Now open any terminal program, as Termite. Set your terminal to 115000, 8 bits no parity, and hexadecimal view as seen in the picture bellow and connect to the other port. Now switch to the configurator and click Send Config. At the terminal program you will be able to see the hex code which should have 69 bytes.



Now remove those creepy dd.. Gy...dddd that appear on the right column.
To put these configuration bytes inside the arduino code we need that each byte have a 0x in front of it to indicate that its a hexadecimal code and split each byte with a coma. You can do it any way you want but I advise to just put some spaces before the ones on the left column and use a replace SPACE with ", 0x" at your prefered editor.

Now that you have your configurarion codes you can download the program and do 4 quick steps to adapt the code:
Code:http://code.google.com/p/ratoso/downloads/list


  1. Enter the number of configurations you have
  2. Enter the name of your configurations. Each name should have 8 caracters.
  3. Declare and add the the configuration with a unique name like in the example. Add a 0xff before the 0x55. That avoids some reading failures by the controller.
  4. Add a case for each configuration you have in the order and number they appear in step 2.

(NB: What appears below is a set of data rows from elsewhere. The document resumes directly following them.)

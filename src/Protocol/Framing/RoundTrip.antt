-- ===== src/Protocol/Framing/RoundTrip.antt =====
-- What one end frames, the other end reads back.
use go_connect.Base.{
  ℕ, ◌+◌, ◌-◌, ◌%◌, ◌^◌, ◌≤◌, ◌<◌, ◌≡◌, subst, ◌∙◌, [], ◌∷◌, ◌++◌, length, ok, err, arith, All,
  All-append_left, and_then-eq_ok, and_then, fail_if, pure, ltb, if◌then◌else◌, M, append_assoc,
  length-append,
}
use go_connect.Bytes.{
  Bytes, IsByte, put_u32, get_u32, get-put_u32_self, length-put_u32, put_u32-mod, put-get_u32,
}
use go_connect.Protocol.Wire.{
  Conn, read_full, write, read_full-append, read_full_short, read_full-eq_ok, write_fits,
}
use go_connect.Protocol.Framing.{
  frame, write_frame, read_frame, max_frame_size, frame_length_size, FrameError, payload_too_large,
  write_failed, header_failed, frame_too_large, payload_failed,
}

pub length-frame : (payload : Bytes) → length (frame payload) ≡ length payload + 4
unfolding frame
length-frame payload = ground (
  arith,
  length-append (put_u32 (length payload % 2 ^ 32)) payload,
  length-put_u32 (length payload % 2 ^ 32),
)

read_header :
    (payload rest : Bytes) (c : Conn)
    → c.incoming ≡ frame payload ++ rest
    → read_full frame_length_size header_failed c
      ≡ (ok (put_u32 (length payload % 2 ^ 32)), record c { incoming = payload ++ rest })
unfolding frame
read_header payload rest c e =
    read_full-append 4 header_failed _ (payload ++ rest) c (length-put_u32 _)
      (e ∙ append_assoc (put_u32 (length payload % 2 ^ 32)) payload rest)

-- The frame of a payload of at most 1 MiB at the head of the input is read back as that payload,
-- and what follows it stays.
pub read_frame-frame :
    (payload rest : Bytes) (c : Conn)
    → length payload ≤ max_frame_size
    → c.incoming ≡ frame payload ++ rest
    → read_frame c ≡ (ok payload, record c { incoming = rest })
unfolding read_frame
read_frame-frame [] rest c h e = ground (arith, read_header [] rest c e, get-put_u32_self 0)
read_frame-frame (b ∷ bs) rest c h e =
    let payload = b ∷ bs in
    ground (
      arith,
      read_header payload rest c e,
      get-put_u32_self (length payload % 2 ^ 32),
      read_full-append (length payload) payload_failed payload rest
          (record c { incoming = payload ++ rest }),
    )

-- `WriteFrame` on a payload of at most 1 MiB and a connection with room for it writes the frame and nothing else.
pub write_frame-frame :
    (payload : Bytes) (c : Conn)
    → length payload ≤ max_frame_size
    → length payload + 4 ≤ c.room
    → write_frame payload c ≡ (
      ok tt,
      record c { outgoing = c.outgoing ++ frame payload; room = c.room - (length payload + 4) },
    )
unfolding write_frame
write_frame-frame payload c h r =
    ground (arith, length-frame payload, write_fits (frame payload) write_failed c)

-- A payload above 1 MiB is refused and nothing is written.
pub write_frame_too_large :
    (payload : Bytes) (c : Conn)
    → max_frame_size < length payload
    → write_frame payload c ≡ (err payload_too_large, c)
unfolding write_frame
write_frame_too_large payload c h = ground arith

-- A header that announces more than 1 MiB is refused, with only the header consumed.
read_frame_too_large :
    (size : ℕ) (rest : Bytes) (c : Conn)
    → max_frame_size < size
    → size < 2 ^ 32
    → c.incoming ≡ put_u32 size ++ rest
    → read_frame c ≡ (err frame_too_large, record c { incoming = rest })
unfolding read_frame
read_frame_too_large size rest c h k e = ground (
  arith,
  read_full-append 4 header_failed (put_u32 size) rest c (length-put_u32 size) e,
  get-put_u32_self size,
)

pub read_frame_no_header :
    (c : Conn)
    → length c.incoming < 4
    → read_frame c ≡ (err header_failed, record c { incoming = [] })
unfolding read_frame
read_frame_no_header c h = ground (arith, read_full_short 4 header_failed c h)

-- An input that ends inside the payload that its header announces, of at most 1 MiB, is an error,
-- and all of it is consumed.
pub read_frame_no_payload :
    (payload part : Bytes) (c : Conn)
    → length payload ≤ max_frame_size
    → length part < length payload
    → c.incoming ≡ put_u32 (length payload) ++ part
    → read_frame c ≡ (err payload_failed, record c { incoming = [] })
unfolding read_frame
read_frame_no_payload payload part c h k e = ground (
  arith,
  read_full-append 4 header_failed (put_u32 (length payload)) part c
      (length-put_u32 (length payload)) e,
  get-put_u32_self (length payload),
  read_full_short (length payload) payload_failed (record c { incoming = part }),
)

-- The part of `ReadFrame` behind the header.
read_sized : ℕ → M Conn FrameError Bytes
read_sized size c =
    and_then (fail_if (ltb max_frame_size size) frame_too_large c)
      (λ _. if ltb 0 size then read_full size payload_failed else pure [])

read_sized-eq_ok :
    (size : ℕ) (c c' : Conn) (payload : Bytes)
    → read_sized size c ≡ (ok payload, c')
    → (c.incoming ≡ payload ++ c'.incoming)
      × (length payload ≡ size)
      × (size ≤ max_frame_size)
      × (c' ≡ record c { incoming = c'.incoming })
unfolding read_sized
read_sized-eq_ok size c c' payload e =
    ground (arith, read_full-eq_ok size payload_failed c c' payload)

-- Where the input is bytes, what `ReadFrame` returns stood framed at the head of the input, is at most 1 MiB, and nothing but
-- that frame was consumed.
pub read_frame-eq_ok :
    (c c' : Conn) (payload : Bytes)
    → All IsByte c.incoming
    → read_frame c ≡ (ok payload, c')
    → (c.incoming ≡ frame payload ++ c'.incoming)
      × (length payload ≤ max_frame_size)
      × (c' ≡ record c { incoming = c'.incoming })
unfolding read_frame frame read_sized
read_frame-eq_ok c c' payload b e =
    let (header, d, h, k) = and_then-eq_ok (read_full frame_length_size header_failed c) _ e in
    let (split, four, kept) = read_full-eq_ok 4 header_failed c d header h in
    let (rest, size, small, same) = read_sized-eq_ok (get_u32 header) d c' payload k in
    let bytes = All-append_left IsByte header d.incoming (subst (All IsByte) split b) in
    ground (
      arith,
      put_u32-mod (length payload),
      put-get_u32 header,
      append_assoc header payload c'.incoming,
    )

-- Both halves of what a successful `WriteFrame` says.
pub write_frame-eq_ok :
    (payload : Bytes) (c c' : Conn)
    → write_frame payload c ≡ (ok tt, c')
    → (length payload ≤ max_frame_size)
      × (c'.outgoing ≡ c.outgoing ++ frame payload)
      × (c'.incoming ≡ c.incoming)
unfolding write_frame write
write_frame-eq_ok payload c c' e = ground arith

Now it's done. You just need to upload the code to your board and connect it to the controller as in the picture:


Also connect the module pins according to what's written in the back of the board. Connect VCC to the +5V pin, GND to GND pin, DIO to D3, CLK to D2 and STB0 at D4. Leave the rest not connected.


Finally I added some pictures and a video of it working. Note in the video that it also has some servo testing functionality. When doing this you should use external power and remove the red cable from the controller. If not the controller will probably not deliver the needed power and the board will reset.

video:
Automatic Controller Configurator using arduino and TM 1638 module (1 min 28 sec)






That's it. Hope you enjoy. Feel free to ask.
For the coding experts: Sorry for not doing anything dynamic. I did it in one night and wanted to do it quick to fly the next day and I don't have the time for now to go any further. I encourage anyone who has the skills to do it and post it back. Just to be sure I added a GPL license.
Last edited by rickehrle; Jan 07, 2012 at 09:34 PM.
Jan 08, 2012, 03:02 PM
Registered User
Quote:
Originally Posted by F-111 John
Next step is to get a decent program for the radio. I recommend HappyMan2009's software, but it is shareware. I haven't tried it, but charlesconklin has free software that others seem to really like.
Thanks, I'll have a look at both of those. I'm building a multicopter and I really don't know anything about the various configurations as yet. Lots of reading still to do!
Jan 08, 2012, 03:39 PM
R.I.P, Aardvark.
F-111 John's Avatar
Quote:
Originally Posted by iksbob
V1 radios came with the cable. I agree tho... Separating the two is idiocy.
Early V1 radios came with the cable, but Hobby King separated the radio and the cable even in V1 radios when they claimed to have a "Vista" ready cable and an "XP" ready cable, that turned out to be the same cable!

The Vista problem, of course, was in obtaining the proper drivers for the USB chipset in the cord.